▶ Directions
Take the entries below and print only the lines from the one with "whether it succeeds." through the one with "unfoldable pub stream_chunked", exactly as they stand, both ends included.

[Stored data]
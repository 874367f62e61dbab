-- ===== src/Web/Stream.antt =====
-- internal/web/server.go: `streamChunked`, from an open file to the connection. The results of its calls
-- are given in advance.
pub mod Complete
pub mod Exact
use logfalcon.Prelude.{
  ℕ, zero, suc, ◌-◌, Bool, true, false, Option, none, some, List, [], ◌∷◌, ◌++◌, min, ◌==◌,
  if◌then◌else◌, length, take, drop,
}

abbrev pub file_chunk_size : ℕ
file_chunk_size = 1048576

-- A `Read` of a file: it fails, or it returns at most `n + 1` bytes, and at least one where there is one.
pub data ReadAnswer : Type 0 where
  read_fails : ReadAnswer
  at_most_suc : ℕ → ReadAnswer

-- The file from its offset on, what the client got, and the answers to come; afterwards every call does all
-- of its work. `some n` is a `Write` that fails after `n` bytes.
pub record Transfer : Type 0 where
  pub unread : List ℕ
  pub sent : List ℕ
  pub reads : List ReadAnswer
  pub writes : List (Option ℕ)

-- The bytes of a `Read` into `to_read` bytes; none of them is the end of the file, or an error.
unfoldable pub read_bytes : List ReadAnswer → ℕ → List ℕ → List ℕ
read_bytes [] to_read unread = take to_read unread
read_bytes (read_fails ∷ rest) to_read unread = []
read_bytes (at_most_suc n ∷ rest) to_read unread = take (min (suc n) to_read) unread

unfoldable pub rest_of {ℓ} : {A : Type ℓ} → List A → List A
rest_of [] = []
rest_of (x ∷ xs) = xs

-- A `Write` of `bytes`: whether it succeeds.
unfoldable pub write_bytes : List (Option ℕ) → List ℕ → Transfer → Bool × Transfer
write_bytes [] bytes t = (true, record t { sent = t.sent ++ bytes })
write_bytes (none ∷ rest) bytes t = (true, record t { sent = t.sent ++ bytes; writes = rest })
write_bytes (some n ∷ rest) bytes t =
    (false, record t { sent = t.sent ++ take n bytes; writes = rest })

-- The file after a `Read` that returned `bytes`.
abbrev pub after_read : List ℕ → Transfer → Transfer
after_read bytes t = record t { unread = drop (length bytes) t.unread; reads = rest_of t.reads }

-- What a round does with `bytes`, the result of its `Read`, which left the transfer `t`: `rest` is the loop
-- from the next round on. No bytes are the end of the file or an error, since a `Read` of an `os.File` into
-- a buffer that is not empty returns none else.
unfoldable pub stream_read : List ℕ → Transfer → Bool × Transfer → Option Transfer → Option Transfer
stream_read [] t (good, t') rest = some t
stream_read (b ∷ bytes) t (good, t') rest = if good then rest else some t'

-- The loop; every round but the last takes a byte off `remaining`, so that many rounds and one are enough.
unfoldable pub stream_loop : ℕ → ℕ → Transfer → Option Transfer
unfolding read_bytes rest_of write_bytes stream_read
stream_loop zero remaining t = none
stream_loop (suc fuel) remaining t =
    let bytes = read_bytes t.reads (min file_chunk_size remaining) t.unread in
    let read = after_read bytes t in
    let (good, written) = write_bytes t.writes bytes read in
    let rest = stream_loop fuel (remaining - length bytes) written in
    if remaining == 0 then some t else stream_read bytes read (good, written) rest

-- `streamChunked`
unfoldable pub stream_chunked : ℕ → Transfer → Option Transfer
unfolding stream_loop
stream_chunked length t = stream_loop (suc length) length t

▶ Answer space
-- A `Write` of `bytes`: whether it succeeds.
unfoldable pub write_bytes : List (Option ℕ) → List ℕ → Transfer → Bool × Transfer
write_bytes [] bytes t = (true, record t { sent = t.sent ++ bytes })
write_bytes (none ∷ rest) bytes t = (true, record t { sent = t.sent ++ bytes; writes = rest })
write_bytes (some n ∷ rest) bytes t =
    (false, record t { sent = t.sent ++ take n bytes; writes = rest })

-- The file after a `Read` that returned `bytes`.
abbrev pub after_read : List ℕ → Transfer → Transfer
after_read bytes t = record t { unread = drop (length bytes) t.unread; reads = rest_of t.reads }

-- What a round does with `bytes`, the result of its `Read`, which left the transfer `t`: `rest` is the loop
-- from the next round on. No bytes are the end of the file or an error, since a `Read` of an `os.File` into
-- a buffer that is not empty returns none else.
unfoldable pub stream_read : List ℕ → Transfer → Bool × Transfer → Option Transfer → Option Transfer
stream_read [] t (good, t') rest = some t
stream_read (b ∷ bytes) t (good, t') rest = if good then rest else some t'

-- The loop; every round but the last takes a byte off `remaining`, so that many rounds and one are enough.
unfoldable pub stream_loop : ℕ → ℕ → Transfer → Option Transfer
unfolding read_bytes rest_of write_bytes stream_read
stream_loop zero remaining t = none
stream_loop (suc fuel) remaining t =
    let bytes = read_bytes t.reads (min file_chunk_size remaining) t.unread in
    let read = after_read bytes t in
    let (good, written) = write_bytes t.writes bytes read in
    let rest = stream_loop fuel (remaining - length bytes) written in
    if remaining == 0 then some t else stream_read bytes read (good, written) rest

-- `streamChunked`
unfoldable pub stream_chunked : ℕ → Transfer → Option Transfer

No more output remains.